DATA FOR ANALYSIS START

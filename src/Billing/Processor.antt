-- ===== src/Billing/Processor.antt =====
-- internal/services/billing: reserving credits before a request, and processing its billing job.
pub mod Effect
pub mod Request
use orbit_api.Common.{
  ℕ, Bool, true, false, Option, none, some, List, [], ◌∷◌, ◌&&◌, not, if◌then◌else◌,
}
use orbit_api.Common.Int.{ℤ, pos, ltb_ℤ}
use orbit_api.Common.Word.{add64, mul64}
use orbit_api.Common.Str.{Str, str_eq, is_empty}
use orbit_api.Common.Table.{lookup}
use orbit_api.Common.Result.{Result, ok, err}
use orbit_api.Store.{ModelPricing, Db, pricing_key}
use orbit_api.Store.Tx.{
  Link, Error, insufficient_credits, low_on_credits, required, no_pricing_row, not_answered,
  load_price,
}
use orbit_api.Billing.Charge.{charge_micros}
use orbit_api.Billing.HoldPlan.{PlanError, HoldPlan, compute_hold}
use orbit_api.Billing.Holds.{Hold, HoldPlanner, SettleResult, place_hold}
use orbit_api.Billing.Sweep.{release_hold}
use orbit_api.Billing.Ledger.{success, RecordParams, record_usage}

-- GetByCatalogueID: no row is no error.
unfoldable pub get_by_catalogue_id : Link → Str → Db → Result Error (Option ModelPricing)
get_by_catalogue_id link id d =
    if link load_price then err (not_answered load_price) else ok (lookup pricing_key id d.pricing)

-- The price, which must be there.
unfoldable pub load_pricing : Link → Str → Db → Result Error ModelPricing
load_pricing link id d = elim (get_by_catalogue_id link id d) [
  | err e ↦ err e
  | ok none ↦ err no_pricing_row
  | ok (some price) ↦ ok price
]

-- What NewReserver keeps of the configuration.
pub record Reserver : Type 0 where
  pub threshold : ℤ
  pub default_max : ℤ
  pub hold_ttl : ℤ

-- A time.Duration counts nanoseconds: a second and a minute.
abbrev pub second : ℤ
second = pos 1000000000

abbrev pub minute : ℤ
minute = pos 60000000000

unfoldable pub new_reserver : ℤ → ℤ → ℤ → Reserver
new_reserver low_balance_threshold_micros default_output_tokens inference_timeout_seconds =
    let ttl = add64 (mul64 inference_timeout_seconds second) minute in
    record {
      threshold =
          if ltb_ℤ low_balance_threshold_micros (pos 1)
          then pos 10000
          else low_balance_threshold_micros;
      default_max = if ltb_ℤ default_output_tokens (pos 1) then pos 4096 else default_output_tokens;
      hold_ttl = if ltb_ℤ ttl (mul64 (pos 2) minute) then mul64 (pos 6) minute else ttl;
    }

pub record ReserveRequest : Type 0 where
  pub organization_id : Str
  pub catalogue_id : Str
  pub input_tokens : ℤ
  pub requested_max_tokens : ℤ

-- The planner that Reserve hands to PlaceHold.
unfoldable pub planner : Reserver → ReserveRequest → ModelPricing → HoldPlanner
planner r q price available =
    elim (compute_hold q.input_tokens q.requested_max_tokens r.default_max
      price.vendor_input_per_million_micros price.vendor_output_per_million_micros available
      r.threshold) [
        | ok plan ↦ ok (plan.amount_micros, plan.max_tokens)
        | err e ↦ err low_on_credits
      ]

-- Either kind of missing credits is reported as ErrLowCredits.
abbrev pub low_credits : Error → Error
low_credits insufficient_credits = low_on_credits
low_credits e = e

unfoldable pub reserve : Link → ℕ → Str → Reserver → ReserveRequest → Db → Result Error Hold × Db
reserve link now hold_id r q d =
    if is_empty q.organization_id
    then (err low_on_credits, d)
    else elim (load_pricing link q.catalogue_id d) [
      | err e ↦ (err e, d)
      | ok price ↦
          let (placed, d') =
            place_hold link now hold_id q.organization_id r.threshold r.hold_ttl
              (some (planner r q price)) d in
          (elim placed [ ok h ↦ ok h | err e ↦ err (low_credits e) ], d')
    ]

unfoldable pub release : Link → ℕ → Str → Db → Result Error (Unit {0}) × Db
release link now hold_id d =
    if is_empty hold_id
    then (ok tt, d)
    else let (settled, d') = release_hold link now hold_id d in
      (elim settled [ ok s ↦ ok tt | err e ↦ err e ], d')

pub record Job : Type 0 where
  pub idempotency_key : Str
  pub organization_id : Str
  pub api_key_id : Str
  pub model_catalogue_id : Str
  pub prompt : Str
  pub input_tokens : ℤ
  pub output_tokens : ℤ
  pub latency_ms : ℤ
  pub status : Str
  pub error : Str
  pub hold_id : Str

abbrev pub params_of : Job → ℤ → RecordParams
params_of j amount = record {
  idempotency_key = j.idempotency_key;
  organization_id = j.organization_id;
  api_key_id = j.api_key_id;
  model_catalogue_id = j.model_catalogue_id;
  prompt = j.prompt;
  input_tokens = j.input_tokens;
  output_tokens = j.output_tokens;
  latency_ms = j.latency_ms;
  status = j.status;
  error = j.error;
  amount_micros = amount;
  vendor_amount_micros = amount;
  hold_id = j.hold_id;
}

-- What the job costs at the vendor's prices: nothing, if it failed or names no model.
unfoldable pub vendor_amount : Link → Job → Db → Result Error ℤ
vendor_amount link j d =
    if str_eq j.status success && not (is_empty j.model_catalogue_id)
    then elim (load_pricing link j.model_catalogue_id d) [
      | err e ↦ err e
      | ok price ↦ ok (
          charge_micros j.input_tokens j.output_tokens price.vendor_input_per_million_micros
            price.vendor_output_per_million_micros)
    ]
    else ok (pos 0)

-- Process
unfoldable pub process_job : Link → ℕ → Str → Job → Db → Result Error (Unit {0}) × Db
process_job link now request_id j d =
    if is_empty j.idempotency_key then (err required, d) else elim (vendor_amount link j d) [
      | err e ↦ (err e, d)
      | ok amount ↦
          let (settled, d') = record_usage link now request_id (params_of j amount) d in
          (elim settled [ ok s ↦ ok tt | err e ↦ err e ], d')
    ]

DATA FOR ANALYSIS END

● **WORK TO COMPLETE**: The range runs from the line above containing "let (placed, d')" to the line containing "idempotency_key = j.idempotency_key;", inclusive. Restate those lines word for word and no others.

● **RESPONSE FOR THIS EXERCISE**:
          let (placed, d') =
            place_hold link now hold_id q.organization_id r.threshold r.hold_ttl
              (some (planner r q price)) d in
          (elim placed [ ok h ↦ ok h | err e ↦ err (low_credits e) ], d')
    ]

unfoldable pub release : Link → ℕ → Str → Db → Result Error (Unit {0}) × Db
release link now hold_id d =
    if is_empty hold_id
    then (ok tt, d)
    else let (settled, d') = release_hold link now hold_id d in
      (elim settled [ ok s ↦ ok tt | err e ↦ err e ], d')

pub record Job : Type 0 where
  pub idempotency_key : Str
  pub organization_id : Str
  pub api_key_id : Str
  pub model_catalogue_id : Str
  pub prompt : Str
  pub input_tokens : ℤ
  pub output_tokens : ℤ
  pub latency_ms : ℤ
  pub status : Str
  pub error : Str
  pub hold_id : Str

abbrev pub params_of : Job → ℤ → RecordParams
params_of j amount = record {
  idempotency_key = j.idempotency_key;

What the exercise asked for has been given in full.